Les réseaux sociaux regorgent d’appels au silence, craignant que les liens de l’Afrique du Sud avec l’Iran via les BRICS et ses critiques d’Israël ne provoquent une réaction diplomatique ou militaire américaine.
Les frappes américaines, saluées par le président Donald Trump comme un « succès spectaculaire », ont accru les craintes mondiales d’un conflit plus large.

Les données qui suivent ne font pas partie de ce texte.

-- ===== src/Container/Causality.antt =====
-- The order in which a container hands out events, and how a rollback mends it.
use mathlib.Core.List.{}
use mathlib.Core.Bool.{Bool-set}
use mathlib.Core.List.Perm
use pdes.Base.Sorting.{Le, Sorted, sort-Sorted, sort-perm}
use pdes.Base.{
  ◌≡◌, refl, sym, ap, ◌∙◌, subst, ◌⊎◌, inl, inr, List, [], ◌∷◌, ◌++◌, Perm, none, some, arith, All,
  All-append, All-left, All-right, All-map, All-perm, head?, List-cases,
}
use pdes.Container.{
  Container, SortStatus, sorted, unsorted, ensure_sorted, sort_by_receive_times, get_next_event,
  next_event, take_next,
}
use pdes.Event.Order.{receive_order}
use pdes.Event.{Event}

-- The flag tells the truth.
abbrev pub IsValid : Container → Type 0
IsValid c = c.sort_status ≡ sorted → Sorted receive_order c.unprocessed

-- The processed events stand in order, and none of the unprocessed ones is in their past.
pub record InOrder (c : Container) : Type 0 where
  pub done : Sorted receive_order c.processed
  pub ahead : All (λ p. All (Le receive_order p) c.unprocessed) c.processed

SortStatus-cases : (s : SortStatus) → (s ≡ sorted) ⊎ (s ≡ unsorted)
SortStatus-cases sorted = inl refl
SortStatus-cases unsorted = inr refl

-- What sorting on demand gives, and what it leaves alone.
pub record IsSortOf (c d : Container) : Type 0 where
  pub in_order : Sorted receive_order d.unprocessed
  pub same_events : Perm d.unprocessed c.unprocessed
  pub same_processed : d.processed ≡ c.processed
  pub same_removed : d.removed ≡ c.removed
  pub same_negative : d.negative ≡ c.negative
  pub flag : d.sort_status ≡ sorted

pub ensure_sorted-IsSortOf : (c : Container) → IsValid c → IsSortOf c (ensure_sorted c)
unfolding ensure_sorted sort_by_receive_times
ensure_sorted-IsSortOf c v = elim (SortStatus-cases c.sort_status) [
  | inl e ↦
      rw (e, ensure_sorted)
        (record {
          in_order = v e;
          same_events = Perm.refl _;
          same_processed = refl;
          same_removed = refl;
          same_negative = refl;
          flag = e;
        })
  | inr e ↦
      rw (e, ensure_sorted)
        (record {
          in_order = sort-Sorted receive_order c.unprocessed;
          same_events = sort-perm receive_order c.unprocessed;
          same_processed = refl;
          same_removed = refl;
          same_negative = refl;
          flag = refl;
        })
]

pub next_event_nonempty :
    (c : Container) (x : Event) (xs : List Event)
    → c.unprocessed ≡ x ∷ xs
    → next_event c ≡ (ensure_sorted c, head? (ensure_sorted c).unprocessed)
unfolding next_event
next_event_nonempty c x xs h = ground arith

-- What `get_next_event` must do when there is an event: hand out one that no other is before.
pub record TakesLeast (c d : Container) (e : Event) : Type 0 where
  pub split : Perm c.unprocessed (e ∷ d.unprocessed)
  pub least : All (Le receive_order e) d.unprocessed
  pub logged : d.processed ≡ c.processed ++ e ∷ []
  pub valid : IsValid d
  pub same_removed : d.removed ≡ c.removed
  pub same_negative : d.negative ≡ c.negative

took : Container → Event → List Event → Container
took d y ys = record d { unprocessed = ys; processed = d.processed ++ y ∷ [] }

take_next_lem :
    (d : Container) (y : Event) (ys : List Event)
    → d.unprocessed ≡ y ∷ ys
    → take_next (d, head? d.unprocessed) ≡ (took d y ys, some y)
unfolding took
take_next_lem d y ys h = ground arith

took-TakesLeast :
    (c d : Container) (y : Event) (ys : List Event)
    → IsSortOf c d
    → d.unprocessed ≡ y ∷ ys
    → TakesLeast c (took d y ys) y
unfolding took
took-TakesLeast c d y ys s h =
    let ordered : Sorted receive_order (y ∷ ys) = subst (Sorted receive_order) h s.in_order in
    record {
      split = Perm.symm (subst (λ xs. Perm xs c.unprocessed) h s.same_events);
      least = ordered.0;
      logged = ap (λ xs. xs ++ y ∷ []) s.same_processed;
      valid = λ _. ordered.1;
      same_removed = s.same_removed;
      same_negative = s.same_negative;
    }

pub ensure_sorted_nonempty :
    (c : Container) (x : Event) (xs : List Event)
    → IsValid c
    → c.unprocessed ≡ x ∷ xs
    → (y : Event) × (ys : List Event) × ((ensure_sorted c).unprocessed ≡ y ∷ ys)
ensure_sorted_nonempty c x xs v h = elim (List-cases (ensure_sorted c).unprocessed) [
  | inl e ↦
      let same : Perm (ensure_sorted c).unprocessed c.unprocessed =
        (ensure_sorted-IsSortOf c v).same_events in
      absurd (ground (arith, Perm.nil-eq (subst (λ zs. Perm zs c.unprocessed) e same)))
  | inr r ↦ r
]

get_next_event_nonempty :
    (c : Container) (x : Event) (xs : List Event)
    → IsValid c
    → c.unprocessed ≡ x ∷ xs
    → (y : Event) × (ys : List Event) × ((ensure_sorted c).unprocessed ≡ y ∷ ys)
      × (get_next_event c ≡ (took (ensure_sorted c) y ys, some y))
unfolding get_next_event
get_next_event_nonempty c x xs v h =
    let (y, ys, e) = ensure_sorted_nonempty c x xs v h in
    (y, ys, e, ap take_next (next_event_nonempty c x xs h) ∙ take_next_lem (ensure_sorted c) y ys e)

get_next_event_empty : (c : Container) → c.unprocessed ≡ [] → get_next_event c ≡ (c, none)
unfolding get_next_event next_event
get_next_event_empty c h = ground arith

-- From a container whose flag tells the truth, `get_next_event` hands out an event that no other
-- is before and logs it as processed, or does nothing when there is no event.
pub get_next_event_least :
    (c : Container)
    → IsValid c
    → ((c.unprocessed ≡ []) × (get_next_event c ≡ (c, none)))
      ⊎ ((e : Event) × ((get_next_event c).1 ≡ some e) × TakesLeast c (get_next_event c).0 e)
get_next_event_least c v = elim (List-cases c.unprocessed) [
  | inl e ↦ inl (e, get_next_event_empty c e)
  | inr (x, xs, e) ↦
      let (y, ys, front_eq, result) = get_next_event_nonempty c x xs v e in
      inr (
        y,
        ap (λ r. r.1) result,
        rw result (took-TakesLeast c _ y ys (ensure_sorted-IsSortOf c v) front_eq),
      )
]

-- Sorted lists joined where every entry of the first may stand before every entry of the second.
pub Sorted-append :
    (xs ys : List Event)
    → Sorted receive_order xs
    → Sorted receive_order ys
    → All (λ x. All (Le receive_order x) ys) xs
    → Sorted receive_order (xs ++ ys)
Sorted-append [] ys s t h = t
Sorted-append (x ∷ xs) ys s t h =
    (All-append (Le receive_order x) xs ys s.0 h.0, Sorted-append xs ys s.1 t h.1)

pub Sorted-left : (xs ys : List Event) → Sorted receive_order (xs ++ ys) → Sorted receive_order xs
Sorted-left [] ys s = tt
Sorted-left (x ∷ xs) ys s = (All-left (Le receive_order x) xs ys s.0, Sorted-left xs ys s.1)

pub Sorted-split :
    (xs ys : List Event)
    → Sorted receive_order (xs ++ ys)
    → All (λ x. All (Le receive_order x) ys) xs
Sorted-split [] ys s = tt
Sorted-split (x ∷ xs) ys s = (All-right (Le receive_order x) xs ys s.0, Sorted-split xs ys s.1)

-- Each entry of `ps` is not after any entry of `xs`.
abbrev pub AllBefore : List Event → List Event → Type 0
AllBefore ps xs = All (λ p. All (Le receive_order p) xs) ps

pub AllBefore-perm :
    (ps : List Event) {xs ys : List Event} → Perm xs ys → AllBefore ps xs → AllBefore ps ys
AllBefore-perm ps {xs} {ys} perm =
    All-map (λ p. All (Le receive_order p) xs) (λ p. All (Le receive_order p) ys)
      (λ p. All-perm (Le receive_order p) (λ x. Bool-set _ _) perm) ps

AllBefore-head :
    (ps : List Event) (x : Event) (xs : List Event) → AllBefore ps (x ∷ xs) → AllBefore ps (x ∷ [])
AllBefore-head ps x xs = All-map _ _ (λ p h. (h.0, tt)) ps

AllBefore-tail :
    (ps : List Event) (x : Event) (xs : List Event) → AllBefore ps (x ∷ xs) → AllBefore ps xs
AllBefore-tail ps x xs = All-map _ _ (λ p h. h.1) ps

TakesLeast-InOrder : (c d : Container) (e : Event) → TakesLeast c d e → InOrder c → InOrder d
TakesLeast-InOrder c d e t o = record {
  done = subst (Sorted receive_order) (sym t.logged) (
      Sorted-append c.processed (e ∷ []) o.done (tt, tt)
        (AllBefore-head c.processed e d.unprocessed moved));
  ahead =
      subst (λ ps. AllBefore ps d.unprocessed) (sym t.logged)
        (All-append (λ p. All (Le receive_order p) d.unprocessed) c.processed (e ∷ [])
          (AllBefore-tail c.processed e d.unprocessed moved) (t.least, tt));
}
  where
    moved : AllBefore c.processed (e ∷ d.unprocessed)
    moved = AllBefore-perm c.processed t.split o.ahead

-- Handing out the next event keeps the processed events in order and the others ahead of them.
pub get_next_event-InOrder : (c : Container) → IsValid c → InOrder c → InOrder (get_next_event c).0
get_next_event-InOrder c v o = elim (get_next_event_least c v) [
  | inl (_, e) ↦ rw e o
  | inr (e, _, t) ↦ TakesLeast-InOrder c _ e t o
]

L’Afrique du Sud, déjà sous le choc des retombées économiques de ses tensions avec les États-Unis, a vu son rand et ses obligations s’effondrer la semaine dernière, sous l’effet de la flambée des prix du pétrole.
La récente initiative de Ramaphosa en faveur d’un dialogue entre Israël et l’Iran, ainsi que la condamnation par l’Afrique du Sud des attaques israéliennes contre les sites nucléaires iraniens, ont alimenté l’inquiétude nationale.
La dépendance de l’Afrique du Sud aux importations de pétrole via le détroit d’Ormuz, désormais menacé de blocus, pourrait faire grimper les prix de l’essence au-delà de 40 rands par litre, affaiblissant encore davantage le rand.